[[ RECORDS FOR THIS EXERCISE, beginning ]]

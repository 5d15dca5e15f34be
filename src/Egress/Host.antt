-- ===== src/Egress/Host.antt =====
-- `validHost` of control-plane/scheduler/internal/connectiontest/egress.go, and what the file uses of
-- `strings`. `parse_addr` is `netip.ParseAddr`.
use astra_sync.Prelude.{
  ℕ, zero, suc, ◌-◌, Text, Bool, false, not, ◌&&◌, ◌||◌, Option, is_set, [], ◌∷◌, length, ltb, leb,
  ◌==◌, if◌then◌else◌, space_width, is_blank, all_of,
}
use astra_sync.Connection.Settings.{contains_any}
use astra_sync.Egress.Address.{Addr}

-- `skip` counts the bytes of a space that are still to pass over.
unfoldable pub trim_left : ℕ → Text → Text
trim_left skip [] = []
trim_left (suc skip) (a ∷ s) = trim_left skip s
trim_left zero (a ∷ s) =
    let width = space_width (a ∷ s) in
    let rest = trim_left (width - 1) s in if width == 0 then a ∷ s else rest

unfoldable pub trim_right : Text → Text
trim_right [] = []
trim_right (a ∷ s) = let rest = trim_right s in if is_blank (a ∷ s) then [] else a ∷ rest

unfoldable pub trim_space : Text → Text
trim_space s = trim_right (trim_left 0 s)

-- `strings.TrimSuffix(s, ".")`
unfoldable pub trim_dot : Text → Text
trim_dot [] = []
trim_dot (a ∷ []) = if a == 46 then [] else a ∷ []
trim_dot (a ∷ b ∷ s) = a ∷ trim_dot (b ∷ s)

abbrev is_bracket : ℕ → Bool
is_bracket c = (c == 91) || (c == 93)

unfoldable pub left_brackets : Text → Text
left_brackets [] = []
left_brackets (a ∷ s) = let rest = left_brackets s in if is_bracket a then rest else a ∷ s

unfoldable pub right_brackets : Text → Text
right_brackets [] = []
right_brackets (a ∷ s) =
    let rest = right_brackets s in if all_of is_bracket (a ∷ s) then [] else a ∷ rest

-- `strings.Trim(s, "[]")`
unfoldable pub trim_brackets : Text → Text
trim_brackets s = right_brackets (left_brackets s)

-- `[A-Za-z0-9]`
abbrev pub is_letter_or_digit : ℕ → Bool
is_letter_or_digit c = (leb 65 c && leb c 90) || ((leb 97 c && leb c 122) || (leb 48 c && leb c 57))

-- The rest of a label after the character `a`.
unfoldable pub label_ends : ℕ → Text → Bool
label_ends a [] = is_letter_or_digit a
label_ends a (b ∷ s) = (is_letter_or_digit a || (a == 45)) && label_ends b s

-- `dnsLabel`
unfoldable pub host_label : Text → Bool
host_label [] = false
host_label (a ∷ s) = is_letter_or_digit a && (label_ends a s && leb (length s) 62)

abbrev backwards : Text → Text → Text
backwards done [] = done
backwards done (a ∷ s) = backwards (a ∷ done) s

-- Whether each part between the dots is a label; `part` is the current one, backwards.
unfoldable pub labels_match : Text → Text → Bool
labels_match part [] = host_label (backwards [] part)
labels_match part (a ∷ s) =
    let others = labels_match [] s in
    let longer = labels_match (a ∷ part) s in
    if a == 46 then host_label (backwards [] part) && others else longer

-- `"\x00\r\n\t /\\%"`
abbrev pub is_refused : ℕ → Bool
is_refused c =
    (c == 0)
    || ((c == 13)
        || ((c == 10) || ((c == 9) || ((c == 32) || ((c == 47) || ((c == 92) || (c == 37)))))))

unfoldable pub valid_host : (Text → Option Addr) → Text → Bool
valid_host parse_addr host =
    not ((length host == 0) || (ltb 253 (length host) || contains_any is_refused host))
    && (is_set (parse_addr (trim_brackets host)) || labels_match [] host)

[[ RECORDS FOR THIS EXERCISE, end ]]

[WHAT THIS TASK INVOLVES]: Repeat the records exactly, including every line.

[SOLUTION TO THE PROBLEM]:
repository 5d15dca5e15f34be
filename src/Egress/Host.antt
-- ===== src/Egress/Host.antt =====
-- `validHost` of control-plane/scheduler/internal/connectiontest/egress.go, and what the file uses of
-- `strings`. `parse_addr` is `netip.ParseAddr`.
use astra_sync.Prelude.{
  ℕ, zero, suc, ◌-◌, Text, Bool, false, not, ◌&&◌, ◌||◌, Option, is_set, [], ◌∷◌, length, ltb, leb,
  ◌==◌, if◌then◌else◌, space_width, is_blank, all_of,
}
use astra_sync.Connection.Settings.{contains_any}
use astra_sync.Egress.Address.{Addr}

-- `skip` counts the bytes of a space that are still to pass over.
unfoldable pub trim_left : ℕ → Text → Text
trim_left skip [] = []
trim_left (suc skip) (a ∷ s) = trim_left skip s
trim_left zero (a ∷ s) =
    let width = space_width (a ∷ s) in
    let rest = trim_left (width - 1) s in if width == 0 then a ∷ s else rest

unfoldable pub trim_right : Text → Text
trim_right [] = []
trim_right (a ∷ s) = let rest = trim_right s in if is_blank (a ∷ s) then [] else a ∷ rest

unfoldable pub trim_space : Text → Text
trim_space s = trim_right (trim_left 0 s)

-- `strings.TrimSuffix(s, ".")`
unfoldable pub trim_dot : Text → Text
trim_dot [] = []
trim_dot (a ∷ []) = if a == 46 then [] else a ∷ []
trim_dot (a ∷ b ∷ s) = a ∷ trim_dot (b ∷ s)

abbrev is_bracket : ℕ → Bool
is_bracket c = (c == 91) || (c == 93)

unfoldable pub left_brackets : Text → Text
left_brackets [] = []
left_brackets (a ∷ s) = let rest = left_brackets s in if is_bracket a then rest else a ∷ s

unfoldable pub right_brackets : Text → Text
right_brackets [] = []
right_brackets (a ∷ s) =
    let rest = right_brackets s in if all_of is_bracket (a ∷ s) then [] else a ∷ rest

-- `strings.Trim(s, "[]")`
unfoldable pub trim_brackets : Text → Text
trim_brackets s = right_brackets (left_brackets s)

-- `[A-Za-z0-9]`
abbrev pub is_letter_or_digit : ℕ → Bool
is_letter_or_digit c = (leb 65 c && leb c 90) || ((leb 97 c && leb c 122) || (leb 48 c && leb c 57))

-- The rest of a label after the character `a`.
unfoldable pub label_ends : ℕ → Text → Bool
label_ends a [] = is_letter_or_digit a
label_ends a (b ∷ s) = (is_letter_or_digit a || (a == 45)) && label_ends b s

-- `dnsLabel`
unfoldable pub host_label : Text → Bool
host_label [] = false
host_label (a ∷ s) = is_letter_or_digit a && (label_ends a s && leb (length s) 62)

abbrev backwards : Text → Text → Text
backwards done [] = done
backwards done (a ∷ s) = backwards (a ∷ done) s

-- Whether each part between the dots is a label; `part` is the current one, backwards.
unfoldable pub labels_match : Text → Text → Bool
labels_match part [] = host_label (backwards [] part)
labels_match part (a ∷ s) =
    let others = labels_match [] s in
    let longer = labels_match (a ∷ part) s in
    if a == 46 then host_label (backwards [] part) && others else longer

-- `"\x00\r\n\t /\\%"`
abbrev pub is_refused : ℕ → Bool
is_refused c =
    (c == 0)
    || ((c == 13)
        || ((c == 10) || ((c == 9) || ((c == 32) || ((c == 47) || ((c == 92) || (c == 37)))))))

unfoldable pub valid_host : (Text → Option Addr) → Text → Bool
valid_host parse_addr host =
    not ((length host == 0) || (ltb 253 (length host) || contains_any is_refused host))
    && (is_set (parse_addr (trim_brackets host)) || labels_match [] host)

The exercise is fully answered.